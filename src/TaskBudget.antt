-- ===== src/TaskBudget.antt =====
-- ues/task_budget.py: `evaluate_task_budget` and `evaluate_new_task_gate`. A number that the code takes
-- as an `int` may be negative, and is refused if it is; all that is computed then is a natural number.
pub mod Sound
mod Observed
pub mod Capacity
pub mod Gate
mod Examples
use universal_execution_syst.Prelude.{
  ℕ, ◌-◌, String, Bool, true, false, ◌&&◌, ◌||◌, Option, none, some, ltb, leb, or_else, ◌==◌,
  if◌then◌else◌, one_of, List, [], ◌∷◌,
}
use universal_execution_syst.Prelude.Results.{Result, ok, raise, value_error, guard, ◌>>=◌, ◌>>◌}
use universal_execution_syst.Runtime.{Runtime}

pub data ℤ : Type 0 where
  pos negsuc : ℕ → ℤ

-- The keyword arguments; the last four are the older names.
pub record BudgetRequest : Type 0 where
  pub project : String
  pub ceiling : Option ℤ
  pub reserve : ℤ
  pub quota_window_consumption_known : Option Bool
  pub proven_quota_window_used : Option ℤ
  pub current_window_enumerated_tasks : Option ℤ
  pub unknown_quota_window_policy : Option String
  pub hard_ceiling_reached : Bool
  pub lifetime_consumption_known : Option Bool
  pub proven_lifetime_used : Option ℤ
  pub current_enumerated_tasks : Option ℤ
  pub unknown_lifetime_policy : Option String

-- `common`
pub record Common : Type 0 where
  pub project : String
  pub ceiling : Option ℕ
  pub reserve : ℕ
  pub window_known : Bool
  pub proven_window_used : Option ℕ
  pub current_window : Option ℕ
  pub observed_lower_bound : ℕ
  pub policy : String
  pub direct_limit_reached : Bool

pub data BudgetState : Type 0 where
  direct_ceiling_or_reserve_boundary_reached capacity_ceiling_unresolved : BudgetState
  unknown_lifetime_consumption : BudgetState
  owner_policy_capacity_available_with_unknown_lifetime : BudgetState
  task_budget_evidence_inconsistent capacity_available reserve_or_ceiling_reached : BudgetState

pub record TaskBudget : Type 0 where
  pub common : Common
  pub state : BudgetState
  pub safe_remaining : Option ℕ
  pub observed_headroom : Option ℕ
  pub budget_allows_new_task : Bool
  pub automatic_new_task_creation : Bool
  pub fail_closed : Bool

-- A number that must not be negative.
abbrev pub natural : ℤ → Result ℕ
natural (pos n) = ok n
natural (negsuc n) = raise value_error

abbrev pub natural_if_given : Option ℤ → Result (Option ℕ)
natural_if_given none = ok none
natural_if_given (some (pos n)) = ok (some n)
natural_if_given (some (negsuc n)) = raise value_error

abbrev pub first_given : {A : Type 0} → Option A → Option A → Option A
first_given (some a) b = some a
first_given none b = b

abbrev pub larger : ℕ → ℕ → ℕ
larger m n = if leb m n then n else m

-- `unknown_lifetime_policy or "DENY"`
abbrev pub or_deny : Option String → String
or_deny none = "DENY"
or_deny (some s) = if s == "" then "DENY" else s

abbrev pub policy_text : Option String → Option String → String
policy_text (some s) t = s
policy_text none t = or_deny t

-- UNKNOWN_QUOTA_WINDOW_POLICIES
abbrev pub policies : List String
policies = "DENY" ∷ "ALLOW_UNLESS_DIRECT_CEILING_REACHED" ∷ []

abbrev pub within : Option ℕ → ℕ → Bool
within none reserve = true
within (some c) reserve = leb reserve c

-- `effective_limit`
abbrev pub limit_of : Option ℕ → ℕ → Option ℕ
limit_of none reserve = none
limit_of (some c) reserve = some (c - reserve)

abbrev pub reaches : ℕ → Option ℕ → Bool
reaches used none = false
reaches used (some limit) = leb limit used

abbrev pub exceeds : Option ℕ → ℕ → Bool
exceeds none used = false
exceeds (some n) used = ltb used n

abbrev pub closed : Common → BudgetState → Option ℕ → Option ℕ → TaskBudget
closed c state safe headroom = record {
  common = c;
  state = state;
  safe_remaining = safe;
  observed_headroom = headroom;
  budget_allows_new_task = false;
  automatic_new_task_creation = false;
  fail_closed = true;
}

abbrev pub open_window : Common → ℕ → TaskBudget
open_window c headroom = record {
  common = c;
  state = owner_policy_capacity_available_with_unknown_lifetime;
  safe_remaining = none;
  observed_headroom = some headroom;
  budget_allows_new_task = true;
  automatic_new_task_creation = false;
  fail_closed = false;
}

abbrev pub remaining : Common → ℕ → TaskBudget
remaining c n = record {
  common = c;
  state = if ltb 0 n then capacity_available else reserve_or_ceiling_reached;
  safe_remaining = some n;
  observed_headroom = some n;
  budget_allows_new_task = ltb 0 n;
  automatic_new_task_creation = false;
  fail_closed = leb n 0;
}

unfoldable pub judge_known : Common → ℕ → Option ℕ → Result TaskBudget
judge_known c limit none = raise value_error
judge_known c limit (some used) =
    if exceeds c.current_window used
    then ok (closed c task_budget_evidence_inconsistent none none)
    else ok (remaining c (limit - used))

unfoldable pub judge_window : Common → ℕ → Result TaskBudget
unfolding judge_known
judge_window c limit =
    if c.window_known
    then judge_known c limit c.proven_window_used
    else if c.policy == "DENY"
    then ok (closed c unknown_lifetime_consumption none (some (limit - c.observed_lower_bound)))
    else ok (open_window c (limit - c.observed_lower_bound))

abbrev pub zero_if_known : Bool → Option ℕ
zero_if_known b = if b then some 0 else none

unfoldable pub judge_limit : Common → Option ℕ → Result TaskBudget
unfolding judge_window
judge_limit c none = ok (closed c capacity_ceiling_unresolved none none)
judge_limit c (some limit) = judge_window c limit

-- The return statements, at what is common to them.
unfoldable pub judge : Common → Result TaskBudget
unfolding judge_limit
judge c =
    if c.direct_limit_reached
    then ok (
        closed c direct_ceiling_or_reserve_boundary_reached (zero_if_known c.window_known) (some 0))
    else judge_limit c (limit_of c.ceiling c.reserve)

module _ (rt : Runtime) (q : BudgetRequest) where
  unfoldable pub common_of : Option ℕ → ℕ → Option ℕ → Option ℕ → String → Common
  common_of ceiling reserve proven current policy =
      let observed = larger (or_else current 0) (or_else proven 0) in
      record {
        project = q.project;
        ceiling = ceiling;
        reserve = reserve;
        window_known =
            or_else (first_given q.quota_window_consumption_known q.lifetime_consumption_known)
              false;
        proven_window_used = proven;
        current_window = current;
        observed_lower_bound = observed;
        policy = policy;
        direct_limit_reached =
            q.hard_ceiling_reached || reaches observed (limit_of ceiling reserve);
      }

  unfoldable pub evaluate_task_budget : Result TaskBudget
  unfolding common_of judge
  evaluate_task_budget = do
    ceiling ← natural_if_given q.ceiling
    reserve ← natural q.reserve
    guard (within ceiling reserve) value_error
    current ←
        natural_if_given (first_given q.current_window_enumerated_tasks q.current_enumerated_tasks)
    proven ← natural_if_given (first_given q.proven_quota_window_used q.proven_lifetime_used)
    let policy = rt.upper (policy_text q.unknown_quota_window_policy q.unknown_lifetime_policy)
    guard (one_of policy policies) value_error
    judge (common_of ceiling reserve proven current policy)

pub data GateFailure : Type 0 where
  task_budget_not_proven_available parent_gate_required : GateFailure

pub record NewTaskGate : Type 0 where
  pub allowed : Bool
  pub automatic_creation : Bool
  pub safe_remaining : Option ℕ
  pub observed_headroom : Option ℕ
  pub budget_state : BudgetState
  pub failures : List GateFailure

abbrev failure_unless : Bool → GateFailure → List GateFailure → List GateFailure
failure_unless b f rest = if b then rest else f ∷ rest

-- `evaluate_new_task_gate`, of a budget and whether the parent gate is satisfied and automatic creation
-- authorized.
unfoldable pub evaluate_new_task_gate : TaskBudget → Bool → Bool → NewTaskGate
evaluate_new_task_gate budget parent_gate_satisfied automatic_creation_authorized =
    let allowed = budget.budget_allows_new_task && parent_gate_satisfied in
    record {
      allowed = allowed;
      automatic_creation = allowed && automatic_creation_authorized;
      safe_remaining = budget.safe_remaining;
      observed_headroom = budget.observed_headroom;
      budget_state = budget.state;
      failures =
          failure_unless budget.budget_allows_new_task task_budget_not_proven_available
            (failure_unless parent_gate_satisfied parent_gate_required []);
    }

= = =

Only the lines from the start of the material through the line bearing "pos negsuc : ℕ → ℤ" are needed, restated exactly, with both end lines included.

filename src/TaskBudget.antt
-- ===== src/TaskBudget.antt =====
-- ues/task_budget.py: `evaluate_task_budget` and `evaluate_new_task_gate`. A number that the code takes
-- as an `int` may be negative, and is refused if it is; all that is computed then is a natural number.
pub mod Sound
mod Observed
pub mod Capacity
pub mod Gate
mod Examples
use universal_execution_syst.Prelude.{
  ℕ, ◌-◌, String, Bool, true, false, ◌&&◌, ◌||◌, Option, none, some, ltb, leb, or_else, ◌==◌,
  if◌then◌else◌, one_of, List, [], ◌∷◌,
}
use universal_execution_syst.Prelude.Results.{Result, ok, raise, value_error, guard, ◌>>=◌, ◌>>◌}
use universal_execution_syst.Runtime.{Runtime}

pub data ℤ : Type 0 where
  pos negsuc : ℕ → ℤ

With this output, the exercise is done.